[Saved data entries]
-- ===== src/Facilitator/Responses/Laws.antt =====
-- parseSettleResponseJson against the type SettleResponse.
use x402_worker_template.Prelude.{
  String, Bool, true, false, Option, none, some, ◌≡◌, ◌↔◌, refl, subst,
}
use x402_worker_template.Js.{
  Value, undefined, null, not_finite, boolean, number, text, array, object, instance_of, other,
  Fields, get,
}
use x402_worker_template.Facilitator.Errors.{Result, ok}
use x402_worker_template.Facilitator.Errors.Laws.{ok_inj}
use x402_worker_template.Facilitator.Responses.{
  SettleResponse, is_boolean, is_string, is_plain_object, optional, the_boolean, the_string,
  or_undefined, object_or_undefined, check, settle_rest, settle_of, parse_settle_response_json,
}

-- A property that may be left out, and may be null in place of that.
pub data HoldsText : Value → Option String → Type 0 where
  missing : HoldsText undefined none
  nothing : HoldsText null none
  present : (s : String) → HoldsText (text s) (some s)

pub data HoldsObject : Value → Option Fields → Type 0 where
  missing : HoldsObject undefined none
  nothing : HoldsObject null none
  present : (fs : Fields) → HoldsObject (object fs) (some fs)

pub record IsSettlement (fs : Fields) (r : SettleResponse) : Type 0 where
  success : get "success" fs ≡ boolean r.success
  error_reason : HoldsText (get "errorReason" fs) r.error_reason
  error_message : HoldsText (get "errorMessage" fs) r.error_message
  payer : HoldsText (get "payer" fs) r.payer
  transaction : get "transaction" fs ≡ text r.transaction
  network : get "network" fs ≡ text r.network
  amount : HoldsText (get "amount" fs) r.amount
  extensions : HoldsObject (get "extensions" fs) r.extensions
  extra : HoldsObject (get "extra" fs) r.extra

holds_text : (v : Value) → optional is_string v ≡ true → HoldsText v (or_undefined v)
holds_text undefined h = HoldsText.missing
holds_text null h = HoldsText.nothing
holds_text (text s) h = HoldsText.present s
holds_text not_finite h = cc h
holds_text (boolean b) h = cc h
holds_text (number n) h = cc h
holds_text (array items) h = cc h
holds_text (object fs) h = cc h
holds_text (instance_of fs) h = cc h
holds_text (other s) h = cc h

holds_object :
    (v : Value) → optional is_plain_object v ≡ true → HoldsObject v (object_or_undefined v)
holds_object undefined h = HoldsObject.missing
holds_object null h = HoldsObject.nothing
holds_object (object fs) h = HoldsObject.present fs
holds_object (text s) h = cc h
holds_object not_finite h = cc h
holds_object (boolean b) h = cc h
holds_object (number n) h = cc h
holds_object (array items) h = cc h
holds_object (instance_of fs) h = cc h
holds_object (other s) h = cc h

is_the_boolean : (v : Value) → is_boolean v ≡ true → v ≡ boolean (the_boolean v)
is_the_boolean (boolean b) h = refl
is_the_boolean undefined h = cc h
is_the_boolean null h = cc h
is_the_boolean (object fs) h = cc h
is_the_boolean (text s) h = cc h
is_the_boolean not_finite h = cc h
is_the_boolean (number n) h = cc h
is_the_boolean (array items) h = cc h
is_the_boolean (instance_of fs) h = cc h
is_the_boolean (other s) h = cc h

is_the_string : (v : Value) → is_string v ≡ true → v ≡ text (the_string v)
is_the_string (text s) h = refl
is_the_string (boolean b) h = cc h
is_the_string undefined h = cc h
is_the_string null h = cc h
is_the_string (object fs) h = cc h
is_the_string not_finite h = cc h
is_the_string (number n) h = cc h
is_the_string (array items) h = cc h
is_the_string (instance_of fs) h = cc h
is_the_string (other s) h = cc h

-- A check is passed, or it throws.
passed :
    {A : Type 0}
    → (b : Bool) (m : String) (rest : Result A) (a : A) → check b m rest ≡ ok a
    → (b ≡ true) × (rest ≡ ok a)
passed true m rest a h = (refl, h)
passed false m rest a h = cc h

text_of :
    (v : Value) (o : Option String)
    → HoldsText v o
    → (optional is_string v ≡ true) × (or_undefined v ≡ o)
text_of v o HoldsText.missing = (refl, refl)
text_of v o HoldsText.nothing = (refl, refl)
text_of v o (HoldsText.present s) = (refl, refl)

object_of :
    (v : Value) (o : Option Fields)
    → HoldsObject v o
    → (optional is_plain_object v ≡ true) × (object_or_undefined v ≡ o)
object_of v o HoldsObject.missing = (refl, refl)
object_of v o HoldsObject.nothing = (refl, refl)
object_of v o (HoldsObject.present fs) = (refl, refl)

settle_of-IsSettlement :
    (fs : Fields) (r : SettleResponse) → settle_of fs ≡ ok r → IsSettlement fs r
unfolding settle_of settle_rest
settle_of-IsSettlement fs r h =
    let (c1, h1) = passed _ _ _ r h in
    let (c2, h2) = passed _ _ _ r h1 in
    let (c3, h3) = passed _ _ _ r h2 in
    let (c4, h4) = passed _ _ _ r h3 in
    let (c5, h5) = passed _ _ _ r h4 in
    let (c6, h6) = passed _ _ _ r h5 in
    let (c7, h7) = passed _ _ _ r h6 in
    let (c8, h8) = passed _ _ _ r h7 in
    let (c9, h9) = passed _ _ _ r h8 in
    subst (IsSettlement fs) (ok_inj _ r h9) (record {
      success = is_the_boolean (get "success" fs) c1;
      error_reason = holds_text (get "errorReason" fs) c2;
      error_message = holds_text (get "errorMessage" fs) c3;
      payer = holds_text (get "payer" fs) c4;
      transaction = is_the_string (get "transaction" fs) c5;
      network = is_the_string (get "network" fs) c6;
      amount = holds_text (get "amount" fs) c7;
      extensions = holds_object (get "extensions" fs) c8;
      extra = holds_object (get "extra" fs) c9;
    })

IsSettlement-settle_of :
    (fs : Fields) (r : SettleResponse) → IsSettlement fs r → settle_of fs ≡ ok r
unfolding settle_of settle_rest
IsSettlement-settle_of fs r s =
    let (a1, b1) = text_of (get "errorReason" fs) r.error_reason s.error_reason in
    let (a2, b2) = text_of (get "errorMessage" fs) r.error_message s.error_message in
    let (a3, b3) = text_of (get "payer" fs) r.payer s.payer in
    let (a4, b4) = text_of (get "amount" fs) r.amount s.amount in
    let (a5, b5) = object_of (get "extensions" fs) r.extensions s.extensions in
    let (a6, b6) = object_of (get "extra" fs) r.extra s.extra in
    rw (s.success, s.transaction, s.network, a1, a2, a3, a4, a5, a6, b1, b2, b3, b4, b5, b6) refl

accepted :
    (v : Value) (r : SettleResponse)
    → parse_settle_response_json v ≡ ok r
    → (fs : Fields) × (v ≡ object fs) × IsSettlement fs r
unfolding parse_settle_response_json
accepted (object fs) r h = (fs, refl, settle_of-IsSettlement fs r h)
accepted undefined r h = cc h
accepted null r h = cc h
accepted not_finite r h = cc h
accepted (boolean b) r h = cc h
accepted (number n) r h = cc h
accepted (text s) r h = cc h
accepted (array items) r h = cc h
accepted (instance_of fs) r h = cc h
accepted (other s) r h = cc h

-- A value is taken for a settle response exactly when it is a plain object with a Boolean success,
-- with texts for the transaction and the network, and with what the result says of each optional
-- property: a text, or an object for the extensions and the extra, and nothing for one that is
-- missing or null.
pub parse_settle_response_json-IsSettlement :
    (v : Value) (r : SettleResponse)
    → (parse_settle_response_json v ≡ ok r) ↔ ((fs : Fields) × (v ≡ object fs) × IsSettlement fs r)
unfolding parse_settle_response_json
parse_settle_response_json-IsSettlement v r =
    (accepted v r, λ s. rw s.1 (IsSettlement-settle_of s.0 r s.2))
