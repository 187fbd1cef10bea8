-- ===== src/Facilitator/Responses/Tests.antt =====
-- parseSettleResponseJson on a failed settlement without a payer.
use x402_worker_template.Prelude.{false, none, some, ◌≡◌, ◌↔◌}
use x402_worker_template.Js.{Value, null, boolean, text, object, Fields, end, field}
use x402_worker_template.Facilitator.Errors.{ok}
use x402_worker_template.Facilitator.Responses.{SettleResponse, parse_settle_response_json}
use x402_worker_template.Facilitator.Responses.Laws.{
  IsSettlement, parse_settle_response_json-IsSettlement,
}

abbrev pub failed_settlement : Value
failed_settlement = object (
    field "success" (boolean false) (
      field "errorReason" (text "expired") (
        field "payer" null
          (field "transaction" (text "") (field "network" (text "eip155:8453") end)))))

abbrev pub failed_response : SettleResponse
failed_response = record {
  success = false;
  error_reason = some "expired";
  error_message = none;
  payer = none;
  transaction = "";
  network = "eip155:8453";
  amount = none;
  extensions = none;
  extra = none;
}

parse_settle_response_json-IsSettlement_example :
    (parse_settle_response_json failed_settlement ≡ ok failed_response)
    ↔ ((fs : Fields) × (failed_settlement ≡ object fs) × IsSettlement fs failed_response)
parse_settle_response_json-IsSettlement_example =
    parse_settle_response_json-IsSettlement failed_settlement failed_response
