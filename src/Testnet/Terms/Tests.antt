-- ===== src/Testnet/Terms/Tests.antt =====
-- terms-loader.ts: the server's one option is loaded.
use x402_worker_template.Prelude.{String, none, some, [], ◌≡◌, refl, str_eq, if◌then◌else◌}
use x402_worker_template.Js.{get}
use x402_worker_template.Js.Text.{utf16_length, trim, to_lower_case}
use x402_worker_template.Policy.{normalize_address}
use x402_worker_template.Client.Web.{Answer, answered}
use x402_worker_template.Testnet.Config.{is_dead_pay_to_address, build_pay_public_config}
use x402_worker_template.Testnet.Policy.{
  matches_base_sepolia_payment_terms, validate_base_sepolia_payment_requirements,
}
use x402_worker_template.Testnet.Quote.{ready, assert_quote_ready_for_signing}
use x402_worker_template.Testnet.Quote.Tests.{resolved_config, required, buyer, quote, config}
use x402_worker_template.Testnet.Terms.{Page, load_and_validate_payment_terms}
use x402_worker_template.Testnet.Terms.Laws.{load_and_validate-ready}

abbrev pub page : Page
page = record {
  resolve_url =
      λ path base. some (record { origin = base; pathname = path; search_params = []; rest = "" });
  write_url = λ u. "https://pay.example/v1/example?value=hello";
  decode_payment_required_header = λ h. some required;
}

abbrev pub answer : String → Answer
answer url = answered 402 (λ name. if str_eq name "payment-required" then some "header" else none)

load_and_validate-ready_example :
    assert_quote_ready_for_signing quote buyer config.chain_id config ≡ ready
unfolding load_and_validate_payment_terms validate_base_sepolia_payment_requirements
    matches_base_sepolia_payment_terms get normalize_address to_lower_case is_dead_pay_to_address
    trim utf16_length build_pay_public_config
load_and_validate-ready_example =
    load_and_validate-ready page resolved_config "https://pay.example" buyer "hello" "quote-1" refl
      refl (λ u. refl) answer quote refl
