-- ===== src/Testnet/Page/Tests.antt =====
-- pay-main.ts: a page that is connected, loads its terms, has them reviewed, and pays once though
-- the button is clicked twice.
use x402_worker_template.Prelude.{
  ◌+◌, ◌≤◌, true, none, some, List, [], ◌∷◌, All, length, str_eq, if◌then◌else◌,
}
use x402_worker_template.Js.{array, cons, nil, text}
use x402_worker_template.Client.Sanitize.{plain}
use x402_worker_template.Testnet.Quote.Tests.{config, buyer}
use x402_worker_template.Testnet.Terms.Tests.{page, answer}
use x402_worker_template.Testnet.Executor.Tests.{wallet}
use x402_worker_template.Testnet.Page.{Deps, configured, new_page}
use x402_worker_template.Testnet.Page.Steps.{
  Event, connect_clicked, review_clicked, sign_clicked, reset_clicked, load_clicked,
  config_answered, provider_answered, returned, terms_answered, payment_answered, perform_all,
}
use x402_worker_template.Testnet.Page.Once.{IsAuthorized, resets, new_page-sends_once}

abbrev deps : Deps
deps = record {
  parse_int = λ base s. if str_eq s "0x14a34" then some 84532 else none;
  to_number = λ s. none;
  terms_page = page;
  invalid_url = plain "Invalid URL";
  origin = "https://pay.example";
}

abbrev accounts : Event
accounts = provider_answered 0 (returned (array (cons (text buyer) nil)))

abbrev clicks : List Event
clicks =
    config_answered (configured config)
    ∷ connect_clicked
    ∷ accounts
    ∷ accounts
    ∷ provider_answered 0 (returned (text "0x14a34"))
    ∷ load_clicked "quote-1"
    ∷ terms_answered 0 answer
    ∷ review_clicked
    ∷ sign_clicked
    ∷ sign_clicked
    ∷ payment_answered 0 (λ c. wallet)
    ∷ sign_clicked
    ∷ reset_clicked
    ∷ []

new_page-sends_once_example :
    All IsAuthorized (perform_all deps clicks (new_page true)).0
    × (length (perform_all deps clicks (new_page true)).0 ≤ 1 + resets clicks)
new_page-sends_once_example = new_page-sends_once deps true clicks
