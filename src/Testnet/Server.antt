-- ===== src/Testnet/Server.antt =====
-- src/routes/example.ts, errors.ts, payment.ts and index.ts: the testnet server's answers to GET
-- requests of /v1/example. The request ids and the log lines are not modelled.
pub mod Laws
pub mod Tests
use x402_worker_template.Prelude.{
  ℕ, suc, String, Bool, true, false, not, ◌||◌, Option, none, some, List, [], ◌∷◌, ◌++◌, ltb,
  nat_eq, str_eq, if◌then◌else◌,
}
use x402_worker_template.Js.Text.{utf16_length, trim}
use x402_worker_template.Client.Web.{param}
use x402_worker_template.Orchestrator.Context.{is_valid_example_value}

pub data ErrorCode : Type 0 where
  missing_value invalid_value payment_required payment_invalid : ErrorCode
  payment_settlement_failed internal_error : ErrorCode

pub record ExampleBody : Type 0 where
  pub input : String
  pub normalized_input : String
  pub character_count : ℕ
  pub retrieved_at : String

-- An error with its status, the example, or an answer of the payment's middleware.
pub data Answer : Type 0 where
  error : ℕ → ErrorCode → Answer
  example : ExampleBody → Answer
  of_middleware : ℕ → String → Answer

-- `getAll`.
values_of : String → List (String × String) → List String
values_of key [] = []
values_of key ((k, v) ∷ ps) = let rest = values_of key ps in if str_eq k key then v ∷ rest else rest

-- What `validateExampleQuery` answers, or `none` where it calls the next handler.
abbrev value_error : List String → Option Answer
value_error [] = some (error 400 missing_value)
value_error (v ∷ []) =
    if not (is_valid_example_value v) then some (error 400 invalid_value) else none
value_error (v ∷ w ∷ vs) = some (error 400 invalid_value)

abbrev key_error : List (String × String) → List String → Option Answer
key_error ((k, v) ∷ []) values =
    if not (str_eq k "value") then some (error 400 invalid_value) else value_error values
key_error params values = some (error 400 invalid_value)

unfoldable pub validate_example_query : List (String × String) → Option Answer
unfolding values_of is_valid_example_value
validate_example_query params = key_error params (values_of "value" params)

unfoldable pub build_example_response : String → String → ExampleBody
unfolding trim utf16_length
build_example_response value now =
    let normalized = trim value in
    record {
      input = value;
      normalized_input = normalized;
      character_count = utf16_length normalized;
      retrieved_at = now;
    }

abbrev handler_of : String → Option String → Answer
handler_of now none = error 400 invalid_value
handler_of now (some v) =
    if str_eq v "" || not (is_valid_example_value v)
    then error 400 invalid_value
    else example (build_example_response v now)

unfoldable pub example_handler : String → List (String × String) → Answer
unfolding param is_valid_example_value build_example_response
example_handler now params = handler_of now (param "value" params)

-- A request: its query, the headers that the middleware reads, and the time of the handler.
pub record Request : Type 0 where
  pub params : List (String × String)
  pub payment : Option String
  pub now : String

-- What the middleware of @x402/hono does: it answers, or it calls the handler and makes an answer
-- of the handler's, or it throws.
pub data Verdict : Type 0 where
  answers : Answer → Verdict
  proceeds : (Answer → Answer) → Verdict
  fails : Verdict

pub data Progress : Type 0 where
  not_started running ready : Progress

-- `localInitPromise`, the requests that wait for it, and how often it was started.
pub record Server : Type 0 where
  pub init : Progress
  waiting : List Request
  pub started : ℕ

unfoldable pub new_server : Server
new_server = record { init = not_started; waiting = []; started = 0 }

-- A request that was answered, and whether the payment was looked at and the handler ran.
pub record Served : Type 0 where
  pub request : Request
  pub answer : Answer
  pub gated : Bool
  pub handled : Bool

abbrev unhandled : Request → Answer → Bool → Served
unhandled r a gated = record { request = r; answer = a; gated = gated; handled = false }

-- `app.onError`.
abbrev pub failure : Answer
failure = error 500 internal_error

abbrev passed : Request → Verdict → Served
passed r (answers a) = unhandled r a true
passed r fails = unhandled r failure true
passed r (proceeds f) = record {
  request = r;
  answer = f (example_handler r.now r.params);
  gated = true;
  handled = true;
}

pub data Event : Type 0 where
  arrived : Request → Event
  initialized init_failed : Event

module _ (gate : Request → Verdict) where
  serve_all : List Request → List Served
  unfolding example_handler
  serve_all [] = []
  serve_all (r ∷ rs) = passed r (gate r) ∷ serve_all rs

  fail_all : List Request → List Served
  fail_all [] = []
  fail_all (r ∷ rs) = unhandled r failure false ∷ fail_all rs

  abbrev admit : Request → Progress → Server → List Served × Server
  admit r not_started s =
      ([], record { init = running; waiting = r ∷ s.waiting; started = suc s.started })
  admit r running s = ([], record s { waiting = r ∷ s.waiting })
  admit r ready s = (serve_all (r ∷ []), s)

  abbrev admit_if : Request → Option Answer → Server → List Served × Server
  admit_if r (some a) s = (unhandled r a false ∷ [], s)
  admit_if r none s = admit r s.init s

  abbrev end_init : Event → Progress → Server → List Served × Server
  end_init initialized running s = (serve_all s.waiting, record s { init = ready; waiting = [] })
  end_init init_failed running s =
      (fail_all s.waiting, record s { init = not_started; waiting = [] })
  end_init e p s = ([], s)

  unfoldable pub step : Event → Server → List Served × Server
  unfolding serve_all fail_all validate_example_query
  step (arrived r) s = admit_if r (validate_example_query r.params) s
  step initialized s = end_init initialized s.init s
  step init_failed s = end_init init_failed s.init s

  -- Events in turn: all answers, and the server in the end.
  unfoldable pub run : List Event → Server → List Served × Server
  unfolding step
  run [] s = ([], s)
  run (e ∷ es) s =
      let (now, after) = step e s in let (later, final) = run es after in (now ++ later, final)
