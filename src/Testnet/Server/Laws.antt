-- ===== src/Testnet/Server/Laws.antt =====
-- The testnet server: which answer a request gets, and how often the payment is set up.
use x402_worker_template.Prelude.{
  ℕ, suc, ◌+◌, ◌≤◌, String, Bool, true, false, ◌&&◌, Option, none, some, List, [], ◌∷◌, ◌≡◌, refl,
  ap, subst, arith, inl, inr, All, All-append, Bool-cases, str_eq, str_eq_iff,
}
use x402_worker_template.Js.Text.{utf16_length, trim}
use x402_worker_template.Client.Web.{param}
use x402_worker_template.Orchestrator.Context.{is_valid_example_value}
use x402_worker_template.Testnet.Server.{
  invalid_value, Answer, error, example, values_of, validate_example_query, build_example_response,
  example_handler, Request, Verdict, answers, proceeds, fails, Progress, not_started, running,
  ready, Server, new_server, Served, failure, passed, Event, arrived, initialized, init_failed,
  serve_all, fail_all, admit, admit_if, end_init, step, run,
}

-- One parameter, the value, and a valid one.
pub is_example_query : List (String × String) → Bool
is_example_query ((k, v) ∷ []) = str_eq k "value" && is_valid_example_value v
is_example_query params = false

pub data IsServed (gate : Request → Verdict) (x : Served) : Type 0 where
  invalid :
      is_example_query x.request.params ≡ false
      → x.answer ≡ error 400 invalid_value
      → x.gated ≡ false
      → x.handled ≡ false
      → IsServed gate x
  unavailable :
      is_example_query x.request.params ≡ true
      → x.answer ≡ failure
      → x.gated ≡ false
      → x.handled ≡ false
      → IsServed gate x
  stopped :
      (a : Answer)
      → is_example_query x.request.params ≡ true
      → gate x.request ≡ answers a
      → x.answer ≡ a
      → x.handled ≡ false
      → IsServed gate x
  broken :
      is_example_query x.request.params ≡ true
      → gate x.request ≡ fails
      → x.answer ≡ failure
      → x.handled ≡ false
      → IsServed gate x
  paid :
      (f : Answer → Answer) (v : String)
      → x.request.params ≡ ("value", v) ∷ []
      → gate x.request ≡ proceeds f
      → x.answer ≡ f (example (build_example_response v x.request.now))
      → IsServed gate x

-- A query that is let through.
record IsGood (params : List (String × String)) : Type 0 where
  value : String
  one : params ≡ ("value", value) ∷ []
  valid : is_valid_example_value value ≡ true

valid_query :
    (params : List (String × String)) → validate_example_query params ≡ none → IsGood params
unfolding validate_example_query values_of
valid_query [] h = cc h
valid_query ((k, v) ∷ []) h = record {
  value = v;
  one = ground (arith, str_eq_iff k "value");
  valid = ground arith;
}
valid_query ((k, v) ∷ p ∷ ps) h = cc h

invalid_query :
    (params : List (String × String)) (a : Answer)
    → validate_example_query params ≡ some a
    → (a ≡ error 400 invalid_value) × (is_example_query params ≡ false)
unfolding validate_example_query values_of is_example_query
invalid_query [] a h = ground arith
invalid_query ((k, v) ∷ []) a h = ground arith
invalid_query ((k, v) ∷ p ∷ ps) a h = ground arith

good_query : (params : List (String × String)) → IsGood params → is_example_query params ≡ true
unfolding is_example_query
good_query params g = rw (g.one, g.valid) refl

not_empty : (v : String) → is_valid_example_value v ≡ true → str_eq v "" ≡ false
unfolding is_valid_example_value utf16_length trim
not_empty v h = elim (Bool-cases (str_eq v "")) [
  | inr e ↦ e
  | inl e ↦
      let empty : v ≡ "" = ground (arith, str_eq_iff v "") in
      let valid : is_valid_example_value "" ≡ true =
        subst (λ x. is_valid_example_value x ≡ true) empty h in
      cc valid
]

handled_value :
    (r : Request) (g : IsGood r.params)
    → example_handler r.now r.params ≡ example (build_example_response g.value r.now)
unfolding example_handler param
handled_value r g = rw (g.one, not_empty g.value g.valid, g.valid) refl

passed-IsServed :
    (gate : Request → Verdict) (r : Request) (v : Verdict)
    → gate r ≡ v
    → IsGood r.params
    → IsServed gate (passed r v)
passed-IsServed gate r (answers a) e g = stopped a (good_query r.params g) e refl refl
passed-IsServed gate r fails e g = broken (good_query r.params g) e refl refl
passed-IsServed gate r (proceeds f) e g = paid f g.value g.one e (ap f (handled_value r g))

abbrev IsFine : Request → Type 0
IsFine r = IsGood r.params

-- How often the set-up may have been started, beyond its failures.
abbrev owed : Progress → ℕ
owed not_started = 0
owed p = 1

pub failures : List Event → ℕ
failures [] = 0
failures (init_failed ∷ es) = suc (failures es)
failures (e ∷ es) = failures es

failures-cons : (e : Event) (es : List Event) → failures (e ∷ es) ≡ failures (e ∷ []) + failures es
unfolding failures
failures-cons (arrived r) es = omega arith
failures-cons initialized es = omega arith
failures-cons init_failed es = omega arith

module _ (gate : Request → Verdict) where
  serve_all-IsServed : (rs : List Request) → All IsFine rs → All (IsServed gate) (serve_all gate rs)
  unfolding serve_all
  serve_all-IsServed [] h = tt
  serve_all-IsServed (r ∷ rs) (g, h) = (passed-IsServed gate r _ refl g, serve_all-IsServed rs h)

  fail_all-IsServed : (rs : List Request) → All IsFine rs → All (IsServed gate) (fail_all gate rs)
  unfolding fail_all
  fail_all-IsServed [] h = tt
  fail_all-IsServed (r ∷ rs) (g, h) =
      (unavailable (good_query r.params g) refl refl refl, fail_all-IsServed rs h)

  -- A step answers right, and lets only good requests wait.
  record IsStep (s : Server) (failed : ℕ) (out : List Served × Server) : Type 0 where
    served : All (IsServed gate) out.0
    fine : All IsFine out.1.waiting
    bound : out.1.started + owed s.init ≤ s.started + owed out.1.init + failed

  admit-IsStep :
      (r : Request) (p : Progress) (s : Server)
      → s.init ≡ p
      → IsGood r.params
      → All IsFine s.waiting
      → IsStep s 0 (admit gate r p s)
  unfolding serve_all
  admit-IsStep r not_started s e g w = record {
    served = tt;
    fine = (g, w);
    bound = rw e (omega arith);
  }
  admit-IsStep r running s e g w = record { served = tt; fine = (g, w); bound = omega arith }
  admit-IsStep r ready s e g w = record {
    served = (passed-IsServed gate r _ refl g, tt);
    fine = w;
    bound = omega arith;
  }

  arrived-IsStep :
      (r : Request) (o : Option Answer) (s : Server)
      → validate_example_query r.params ≡ o
      → All IsFine s.waiting
      → IsStep s 0 (admit_if gate r o s)
  arrived-IsStep r (some a) s e w =
      let (same, bad) = invalid_query r.params a e in
      record { served = (invalid bad same refl refl, tt); fine = w; bound = omega arith }
  arrived-IsStep r none s e w = admit-IsStep r s.init s refl (valid_query r.params e) w

  initialized-IsStep :
      (p : Progress) (s : Server)
      → s.init ≡ p
      → All IsFine s.waiting
      → IsStep s 0 (end_init gate initialized p s)
  initialized-IsStep running s e w = record {
    served = serve_all-IsServed s.waiting w;
    fine = tt;
    bound = rw e (omega arith);
  }
  initialized-IsStep not_started s e w = record { served = tt; fine = w; bound = omega arith }
  initialized-IsStep ready s e w = record { served = tt; fine = w; bound = omega arith }

  failed-IsStep :
      (p : Progress) (s : Server)
      → s.init ≡ p
      → All IsFine s.waiting
      → IsStep s 1 (end_init gate init_failed p s)
  failed-IsStep running s e w = record {
    served = fail_all-IsServed s.waiting w;
    fine = tt;
    bound = rw e (omega arith);
  }
  failed-IsStep not_started s e w = record { served = tt; fine = w; bound = omega arith }
  failed-IsStep ready s e w = record { served = tt; fine = w; bound = omega arith }

  step-IsStep :
      (e : Event) (s : Server) → All IsFine s.waiting → IsStep s (failures (e ∷ [])) (step gate e s)
  unfolding step failures
  step-IsStep (arrived r) s w = arrived-IsStep r _ s refl w
  step-IsStep initialized s w = initialized-IsStep s.init s refl w
  step-IsStep init_failed s w = failed-IsStep s.init s refl w

  run-IsServed :
      (es : List Event) (s : Server)
      → All IsFine s.waiting
      → All (IsServed gate) (run gate es s).0
        × ((run gate es s).1.started + owed s.init
            ≤ s.started + owed (run gate es s).1.init + failures es)
  unfolding run failures
  run-IsServed [] s w = (tt, omega arith)
  run-IsServed (e ∷ es) s w =
      let now : IsStep s (failures (e ∷ [])) (step gate e s) = step-IsStep e s w in
      let (later, bound) = run-IsServed es (step gate e s).1 now.fine in
      let first : (step gate e s).1.started + owed s.init
          ≤ s.started + owed (step gate e s).1.init + failures (e ∷ []) =
        now.bound in
      (All-append (IsServed gate) _ _ now.served later, omega (arith, failures-cons e es))

owed-bound : (p : Progress) → owed p ≤ 1
owed-bound not_started = omega arith
owed-bound running = omega arith
owed-bound ready = omega arith

-- Whatever requests arrive and however the set-up of the payment goes: a request with a query other
-- than one valid value is answered 400 INVALID_VALUE, before the payment is looked at. Any other one
-- gets the middleware's answer, or what the middleware makes of the example for its value, or a 500
-- where the set-up or the middleware fails, and then the handler does not run. The set-up is started
-- at most once more than it failed.
pub run-serves :
    (gate : Request → Verdict) (es : List Event)
    → All (IsServed gate) (run gate es new_server).0
      × ((run gate es new_server).1.started ≤ 1 + failures es)
unfolding new_server
run-serves gate es =
    let (all, bound) = run-IsServed gate es new_server tt in
    (all, omega (arith, owed-bound (run gate es new_server).1.init))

EXERCISE:
Reproduce, character for character, only the lines of the preceding data that start at the line with "unhandled r a gated" and end at the line with "admit r not_started", both included.

WRITTEN REPLY:
unhandled r a gated = record { request = r; answer = a; gated = gated; handled = false }

-- `app.onError`.
abbrev pub failure : Answer
failure = error 500 internal_error

abbrev passed : Request → Verdict → Served
passed r (answers a) = unhandled r a true
passed r fails = unhandled r failure true
passed r (proceeds f) = record {
  request = r;
  answer = f (example_handler r.now r.params);
  gated = true;
  handled = true;
}

pub data Event : Type 0 where
  arrived : Request → Event
  initialized init_failed : Event

module _ (gate : Request → Verdict) where
  serve_all : List Request → List Served
  unfolding example_handler
  serve_all [] = []
  serve_all (r ∷ rs) = passed r (gate r) ∷ serve_all rs

  fail_all : List Request → List Served
  fail_all [] = []
  fail_all (r ∷ rs) = unhandled r failure false ∷ fail_all rs

  abbrev admit : Request → Progress → Server → List Served × Server
  admit r not_started s =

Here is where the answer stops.